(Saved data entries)
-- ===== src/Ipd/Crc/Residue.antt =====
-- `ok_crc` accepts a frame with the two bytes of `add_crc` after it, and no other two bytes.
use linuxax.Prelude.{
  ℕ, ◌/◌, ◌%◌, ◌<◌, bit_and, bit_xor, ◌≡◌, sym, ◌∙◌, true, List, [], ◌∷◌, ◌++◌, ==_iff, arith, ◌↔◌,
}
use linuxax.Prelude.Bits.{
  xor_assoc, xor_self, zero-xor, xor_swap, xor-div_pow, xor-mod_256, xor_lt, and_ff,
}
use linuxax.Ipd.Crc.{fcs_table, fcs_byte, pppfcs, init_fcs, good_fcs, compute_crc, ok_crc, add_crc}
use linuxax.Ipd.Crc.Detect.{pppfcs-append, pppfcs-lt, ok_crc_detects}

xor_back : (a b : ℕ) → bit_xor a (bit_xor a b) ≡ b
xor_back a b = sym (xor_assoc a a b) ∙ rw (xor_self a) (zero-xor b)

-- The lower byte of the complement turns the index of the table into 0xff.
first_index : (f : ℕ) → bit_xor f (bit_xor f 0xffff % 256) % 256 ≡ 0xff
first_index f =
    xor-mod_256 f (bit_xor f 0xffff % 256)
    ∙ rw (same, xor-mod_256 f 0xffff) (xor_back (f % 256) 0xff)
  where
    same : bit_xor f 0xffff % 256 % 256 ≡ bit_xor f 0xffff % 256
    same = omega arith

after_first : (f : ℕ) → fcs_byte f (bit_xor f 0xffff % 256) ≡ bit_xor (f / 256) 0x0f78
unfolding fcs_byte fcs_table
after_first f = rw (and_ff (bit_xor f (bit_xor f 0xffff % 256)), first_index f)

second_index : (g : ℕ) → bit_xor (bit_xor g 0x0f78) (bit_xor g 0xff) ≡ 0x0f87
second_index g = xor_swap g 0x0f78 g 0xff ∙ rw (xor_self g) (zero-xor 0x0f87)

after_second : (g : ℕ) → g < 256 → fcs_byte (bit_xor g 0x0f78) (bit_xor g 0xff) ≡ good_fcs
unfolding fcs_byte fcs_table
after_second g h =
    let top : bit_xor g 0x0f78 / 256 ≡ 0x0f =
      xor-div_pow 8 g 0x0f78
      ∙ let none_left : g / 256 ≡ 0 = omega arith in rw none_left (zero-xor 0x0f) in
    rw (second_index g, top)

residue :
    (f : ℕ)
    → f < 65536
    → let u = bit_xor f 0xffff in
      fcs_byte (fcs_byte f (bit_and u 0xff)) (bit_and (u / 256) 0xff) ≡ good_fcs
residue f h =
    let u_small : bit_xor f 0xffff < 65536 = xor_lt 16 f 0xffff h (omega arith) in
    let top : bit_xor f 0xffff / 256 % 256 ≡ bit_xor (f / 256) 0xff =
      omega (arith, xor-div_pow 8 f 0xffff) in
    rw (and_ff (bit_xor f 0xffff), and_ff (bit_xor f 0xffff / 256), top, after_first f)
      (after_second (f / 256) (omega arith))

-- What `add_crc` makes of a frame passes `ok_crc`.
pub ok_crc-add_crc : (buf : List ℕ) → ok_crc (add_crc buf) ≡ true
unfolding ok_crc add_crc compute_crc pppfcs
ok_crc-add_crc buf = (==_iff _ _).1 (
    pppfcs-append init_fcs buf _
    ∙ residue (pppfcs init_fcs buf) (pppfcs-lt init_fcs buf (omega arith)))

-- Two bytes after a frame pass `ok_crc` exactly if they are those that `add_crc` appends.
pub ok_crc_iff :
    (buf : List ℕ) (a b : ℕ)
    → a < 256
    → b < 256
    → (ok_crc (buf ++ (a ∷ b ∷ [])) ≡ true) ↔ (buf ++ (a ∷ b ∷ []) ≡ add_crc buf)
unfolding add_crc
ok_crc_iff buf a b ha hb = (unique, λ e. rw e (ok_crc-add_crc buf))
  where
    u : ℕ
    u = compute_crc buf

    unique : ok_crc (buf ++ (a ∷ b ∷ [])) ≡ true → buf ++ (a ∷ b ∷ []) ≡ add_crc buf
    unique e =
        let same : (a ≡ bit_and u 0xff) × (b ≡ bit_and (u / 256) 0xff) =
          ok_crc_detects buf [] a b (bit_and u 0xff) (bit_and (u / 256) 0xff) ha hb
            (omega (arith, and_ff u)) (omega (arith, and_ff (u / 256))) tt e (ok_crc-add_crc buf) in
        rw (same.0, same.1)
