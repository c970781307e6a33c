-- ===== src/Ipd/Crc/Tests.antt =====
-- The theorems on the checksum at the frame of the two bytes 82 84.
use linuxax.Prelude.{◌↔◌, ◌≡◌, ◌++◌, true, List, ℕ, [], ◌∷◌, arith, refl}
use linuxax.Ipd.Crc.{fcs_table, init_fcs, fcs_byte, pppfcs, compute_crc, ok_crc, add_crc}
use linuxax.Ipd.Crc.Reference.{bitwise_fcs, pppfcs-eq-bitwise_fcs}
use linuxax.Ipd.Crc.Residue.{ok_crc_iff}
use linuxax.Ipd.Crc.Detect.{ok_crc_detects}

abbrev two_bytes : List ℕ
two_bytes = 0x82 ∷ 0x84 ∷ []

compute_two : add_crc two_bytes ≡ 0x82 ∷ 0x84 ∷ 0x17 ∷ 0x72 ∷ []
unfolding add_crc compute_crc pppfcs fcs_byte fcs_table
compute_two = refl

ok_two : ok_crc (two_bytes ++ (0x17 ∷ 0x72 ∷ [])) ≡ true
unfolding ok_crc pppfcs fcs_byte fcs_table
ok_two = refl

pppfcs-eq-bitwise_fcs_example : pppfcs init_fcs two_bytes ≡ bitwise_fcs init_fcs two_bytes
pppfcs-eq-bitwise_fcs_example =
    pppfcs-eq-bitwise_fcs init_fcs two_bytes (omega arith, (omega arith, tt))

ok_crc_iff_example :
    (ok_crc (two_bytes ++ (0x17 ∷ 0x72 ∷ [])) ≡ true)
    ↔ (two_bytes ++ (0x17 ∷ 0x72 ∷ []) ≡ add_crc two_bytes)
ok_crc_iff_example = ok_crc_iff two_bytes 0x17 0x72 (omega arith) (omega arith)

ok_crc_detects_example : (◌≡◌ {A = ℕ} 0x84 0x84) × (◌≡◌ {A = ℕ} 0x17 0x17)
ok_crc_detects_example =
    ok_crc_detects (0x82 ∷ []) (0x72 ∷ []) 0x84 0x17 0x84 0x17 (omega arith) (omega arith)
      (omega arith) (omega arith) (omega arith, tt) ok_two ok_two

*Requirement*
Check every line above for the word "List" and copy those that have it.

*The completed task*
  ℕ, ◌/◌, ◌%◌, ◌<◌, bit_and, bit_xor, ◌≡◌, sym, ◌∙◌, true, List, [], ◌∷◌, ◌++◌, ==_iff, arith, ◌↔◌,
pub ok_crc-add_crc : (buf : List ℕ) → ok_crc (add_crc buf) ≡ true
    (buf : List ℕ) (a b : ℕ)
use linuxax.Prelude.{◌↔◌, ◌≡◌, ◌++◌, true, List, ℕ, [], ◌∷◌, arith, refl}
abbrev two_bytes : List ℕ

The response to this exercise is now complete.